═══ Provided records

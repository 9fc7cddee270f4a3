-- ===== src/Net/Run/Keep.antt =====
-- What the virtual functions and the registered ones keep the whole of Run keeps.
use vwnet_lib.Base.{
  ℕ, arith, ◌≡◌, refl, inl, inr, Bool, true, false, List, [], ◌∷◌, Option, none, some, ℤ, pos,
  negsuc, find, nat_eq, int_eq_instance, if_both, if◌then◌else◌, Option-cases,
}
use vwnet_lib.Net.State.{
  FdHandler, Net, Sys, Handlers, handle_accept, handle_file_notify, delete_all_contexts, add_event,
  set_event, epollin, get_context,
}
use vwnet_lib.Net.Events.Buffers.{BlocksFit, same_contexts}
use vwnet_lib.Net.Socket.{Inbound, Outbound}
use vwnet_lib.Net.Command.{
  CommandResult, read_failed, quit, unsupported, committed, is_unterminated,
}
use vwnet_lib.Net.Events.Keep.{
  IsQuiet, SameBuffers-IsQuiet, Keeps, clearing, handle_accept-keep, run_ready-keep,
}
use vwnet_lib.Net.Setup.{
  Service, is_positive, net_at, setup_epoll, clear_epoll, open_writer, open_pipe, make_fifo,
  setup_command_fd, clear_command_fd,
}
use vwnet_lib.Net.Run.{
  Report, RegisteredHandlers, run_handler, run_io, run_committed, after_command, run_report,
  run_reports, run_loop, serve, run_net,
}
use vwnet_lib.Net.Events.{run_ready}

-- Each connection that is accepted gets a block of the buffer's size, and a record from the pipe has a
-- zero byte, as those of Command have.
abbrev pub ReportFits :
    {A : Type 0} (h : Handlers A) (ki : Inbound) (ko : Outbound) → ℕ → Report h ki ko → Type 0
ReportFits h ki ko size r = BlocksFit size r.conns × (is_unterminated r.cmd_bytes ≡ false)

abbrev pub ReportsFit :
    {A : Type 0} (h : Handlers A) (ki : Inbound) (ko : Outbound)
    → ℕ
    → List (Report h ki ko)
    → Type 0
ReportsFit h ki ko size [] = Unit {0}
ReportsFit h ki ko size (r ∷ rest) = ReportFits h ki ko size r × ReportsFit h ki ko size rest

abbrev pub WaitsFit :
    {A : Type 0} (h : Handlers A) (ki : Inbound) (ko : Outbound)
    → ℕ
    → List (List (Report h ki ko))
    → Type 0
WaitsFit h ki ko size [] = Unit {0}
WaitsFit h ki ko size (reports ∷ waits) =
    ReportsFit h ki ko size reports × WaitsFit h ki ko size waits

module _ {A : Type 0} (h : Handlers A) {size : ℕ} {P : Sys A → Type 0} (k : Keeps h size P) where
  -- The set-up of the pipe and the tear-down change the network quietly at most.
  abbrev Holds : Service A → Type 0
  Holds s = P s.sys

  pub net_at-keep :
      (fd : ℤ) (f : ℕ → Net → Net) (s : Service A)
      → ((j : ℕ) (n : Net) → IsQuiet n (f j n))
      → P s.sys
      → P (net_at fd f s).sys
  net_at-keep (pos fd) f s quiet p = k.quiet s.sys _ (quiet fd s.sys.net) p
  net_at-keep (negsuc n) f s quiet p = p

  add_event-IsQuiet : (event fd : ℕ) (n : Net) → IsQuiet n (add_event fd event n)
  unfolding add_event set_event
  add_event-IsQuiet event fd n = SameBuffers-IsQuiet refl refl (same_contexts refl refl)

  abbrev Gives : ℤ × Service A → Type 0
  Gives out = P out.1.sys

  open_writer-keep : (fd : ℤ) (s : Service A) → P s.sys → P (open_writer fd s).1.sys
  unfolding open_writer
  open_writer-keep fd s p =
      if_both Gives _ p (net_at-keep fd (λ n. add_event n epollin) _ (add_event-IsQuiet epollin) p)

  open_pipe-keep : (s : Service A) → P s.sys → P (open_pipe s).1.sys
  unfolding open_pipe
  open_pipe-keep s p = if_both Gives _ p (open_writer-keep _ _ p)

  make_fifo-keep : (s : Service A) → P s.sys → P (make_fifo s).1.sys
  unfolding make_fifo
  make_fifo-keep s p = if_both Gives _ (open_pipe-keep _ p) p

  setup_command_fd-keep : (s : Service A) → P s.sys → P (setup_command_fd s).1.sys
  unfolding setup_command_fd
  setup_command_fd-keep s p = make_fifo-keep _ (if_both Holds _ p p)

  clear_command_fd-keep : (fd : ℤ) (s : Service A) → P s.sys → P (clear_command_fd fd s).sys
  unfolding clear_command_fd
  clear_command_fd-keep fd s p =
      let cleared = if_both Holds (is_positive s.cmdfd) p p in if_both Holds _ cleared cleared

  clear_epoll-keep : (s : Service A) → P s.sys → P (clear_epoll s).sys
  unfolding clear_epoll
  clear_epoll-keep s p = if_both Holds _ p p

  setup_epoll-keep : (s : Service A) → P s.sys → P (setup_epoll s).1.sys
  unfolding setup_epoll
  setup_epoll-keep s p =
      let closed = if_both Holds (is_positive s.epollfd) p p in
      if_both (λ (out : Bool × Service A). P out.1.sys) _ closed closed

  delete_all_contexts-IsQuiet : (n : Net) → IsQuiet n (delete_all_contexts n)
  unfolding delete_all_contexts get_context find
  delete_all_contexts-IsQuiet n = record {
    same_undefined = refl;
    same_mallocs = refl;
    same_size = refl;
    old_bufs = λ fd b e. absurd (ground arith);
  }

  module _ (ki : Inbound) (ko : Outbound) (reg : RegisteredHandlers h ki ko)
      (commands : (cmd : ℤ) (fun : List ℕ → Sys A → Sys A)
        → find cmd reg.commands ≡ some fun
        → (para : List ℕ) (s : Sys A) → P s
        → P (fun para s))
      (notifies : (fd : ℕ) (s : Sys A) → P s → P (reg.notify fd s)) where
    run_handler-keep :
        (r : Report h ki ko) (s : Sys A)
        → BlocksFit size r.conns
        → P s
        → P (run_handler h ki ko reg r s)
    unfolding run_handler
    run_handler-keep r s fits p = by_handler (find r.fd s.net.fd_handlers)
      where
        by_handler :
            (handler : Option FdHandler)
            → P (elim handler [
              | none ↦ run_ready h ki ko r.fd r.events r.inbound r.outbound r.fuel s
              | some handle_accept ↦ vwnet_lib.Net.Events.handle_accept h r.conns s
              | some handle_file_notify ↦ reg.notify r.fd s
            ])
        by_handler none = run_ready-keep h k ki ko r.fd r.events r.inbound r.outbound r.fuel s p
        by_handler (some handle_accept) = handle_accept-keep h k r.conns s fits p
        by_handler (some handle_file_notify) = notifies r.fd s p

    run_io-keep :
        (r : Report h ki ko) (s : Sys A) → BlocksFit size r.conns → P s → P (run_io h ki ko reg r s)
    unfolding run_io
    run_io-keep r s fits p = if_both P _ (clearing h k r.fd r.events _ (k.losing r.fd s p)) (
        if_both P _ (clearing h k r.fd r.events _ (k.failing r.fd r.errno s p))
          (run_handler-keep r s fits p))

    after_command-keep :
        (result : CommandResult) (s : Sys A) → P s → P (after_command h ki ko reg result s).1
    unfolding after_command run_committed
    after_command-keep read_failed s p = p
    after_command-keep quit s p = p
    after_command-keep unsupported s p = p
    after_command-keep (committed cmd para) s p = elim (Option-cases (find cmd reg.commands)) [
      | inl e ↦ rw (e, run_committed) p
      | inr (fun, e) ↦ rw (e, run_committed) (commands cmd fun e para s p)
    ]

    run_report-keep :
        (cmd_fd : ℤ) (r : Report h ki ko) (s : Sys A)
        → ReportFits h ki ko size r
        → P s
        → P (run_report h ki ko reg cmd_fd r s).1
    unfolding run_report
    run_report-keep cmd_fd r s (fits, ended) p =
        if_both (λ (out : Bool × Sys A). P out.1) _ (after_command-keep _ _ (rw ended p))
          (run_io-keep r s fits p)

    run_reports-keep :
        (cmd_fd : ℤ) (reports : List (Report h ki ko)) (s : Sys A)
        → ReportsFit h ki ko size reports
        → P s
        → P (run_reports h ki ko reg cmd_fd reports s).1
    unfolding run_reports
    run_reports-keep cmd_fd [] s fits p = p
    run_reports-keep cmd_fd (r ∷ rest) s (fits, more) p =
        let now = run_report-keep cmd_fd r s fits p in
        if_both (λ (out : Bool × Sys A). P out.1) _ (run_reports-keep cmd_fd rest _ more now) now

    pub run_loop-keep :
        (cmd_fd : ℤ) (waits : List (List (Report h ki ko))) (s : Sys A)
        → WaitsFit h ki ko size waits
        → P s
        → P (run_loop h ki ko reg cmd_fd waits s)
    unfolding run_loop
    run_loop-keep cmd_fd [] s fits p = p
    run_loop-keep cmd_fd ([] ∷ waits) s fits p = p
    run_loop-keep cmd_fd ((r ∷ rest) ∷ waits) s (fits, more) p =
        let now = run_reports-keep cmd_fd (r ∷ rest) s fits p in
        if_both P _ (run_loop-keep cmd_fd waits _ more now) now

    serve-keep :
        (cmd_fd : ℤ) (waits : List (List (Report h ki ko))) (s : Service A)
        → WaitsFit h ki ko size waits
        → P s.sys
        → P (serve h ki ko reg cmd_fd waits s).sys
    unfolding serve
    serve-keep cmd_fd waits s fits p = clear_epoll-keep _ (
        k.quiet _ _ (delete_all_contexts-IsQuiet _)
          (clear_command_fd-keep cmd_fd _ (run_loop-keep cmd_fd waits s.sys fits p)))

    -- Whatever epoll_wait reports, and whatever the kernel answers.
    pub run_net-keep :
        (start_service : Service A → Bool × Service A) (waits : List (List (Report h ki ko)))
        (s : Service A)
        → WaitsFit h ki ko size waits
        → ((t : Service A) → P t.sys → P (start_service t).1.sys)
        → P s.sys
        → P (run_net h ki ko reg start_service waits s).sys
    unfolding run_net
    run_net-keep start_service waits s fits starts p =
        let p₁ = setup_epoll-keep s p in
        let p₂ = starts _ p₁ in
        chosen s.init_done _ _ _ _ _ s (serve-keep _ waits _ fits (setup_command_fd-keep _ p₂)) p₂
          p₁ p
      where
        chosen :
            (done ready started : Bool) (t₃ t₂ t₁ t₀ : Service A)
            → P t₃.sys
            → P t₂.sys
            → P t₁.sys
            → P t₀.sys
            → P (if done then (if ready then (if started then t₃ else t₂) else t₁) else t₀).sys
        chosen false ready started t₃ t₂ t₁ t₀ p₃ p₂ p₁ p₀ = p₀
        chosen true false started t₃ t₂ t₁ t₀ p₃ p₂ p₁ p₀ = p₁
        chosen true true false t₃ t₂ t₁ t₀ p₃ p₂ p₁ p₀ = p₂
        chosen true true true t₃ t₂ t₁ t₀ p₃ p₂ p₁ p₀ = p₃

══════

Task details ▸
Restate verbatim the first line above and all lines after it through the line containing "ReportsFit h ki ko size []"; omit the rest.

Response below ▸
repository 9fc7cddee270f4a3
-- ===== src/Net/Run/Keep.antt =====
-- What the virtual functions and the registered ones keep the whole of Run keeps.
use vwnet_lib.Base.{
  ℕ, arith, ◌≡◌, refl, inl, inr, Bool, true, false, List, [], ◌∷◌, Option, none, some, ℤ, pos,
  negsuc, find, nat_eq, int_eq_instance, if_both, if◌then◌else◌, Option-cases,
}
use vwnet_lib.Net.State.{
  FdHandler, Net, Sys, Handlers, handle_accept, handle_file_notify, delete_all_contexts, add_event,
  set_event, epollin, get_context,
}
use vwnet_lib.Net.Events.Buffers.{BlocksFit, same_contexts}
use vwnet_lib.Net.Socket.{Inbound, Outbound}
use vwnet_lib.Net.Command.{
  CommandResult, read_failed, quit, unsupported, committed, is_unterminated,
}
use vwnet_lib.Net.Events.Keep.{
  IsQuiet, SameBuffers-IsQuiet, Keeps, clearing, handle_accept-keep, run_ready-keep,
}
use vwnet_lib.Net.Setup.{
  Service, is_positive, net_at, setup_epoll, clear_epoll, open_writer, open_pipe, make_fifo,
  setup_command_fd, clear_command_fd,
}
use vwnet_lib.Net.Run.{
  Report, RegisteredHandlers, run_handler, run_io, run_committed, after_command, run_report,
  run_reports, run_loop, serve, run_net,
}
use vwnet_lib.Net.Events.{run_ready}

-- Each connection that is accepted gets a block of the buffer's size, and a record from the pipe has a
-- zero byte, as those of Command have.
abbrev pub ReportFits :
    {A : Type 0} (h : Handlers A) (ki : Inbound) (ko : Outbound) → ℕ → Report h ki ko → Type 0
ReportFits h ki ko size r = BlocksFit size r.conns × (is_unterminated r.cmd_bytes ≡ false)

abbrev pub ReportsFit :
    {A : Type 0} (h : Handlers A) (ki : Inbound) (ko : Outbound)
    → ℕ
    → List (Report h ki ko)
    → Type 0
ReportsFit h ki ko size [] = Unit {0}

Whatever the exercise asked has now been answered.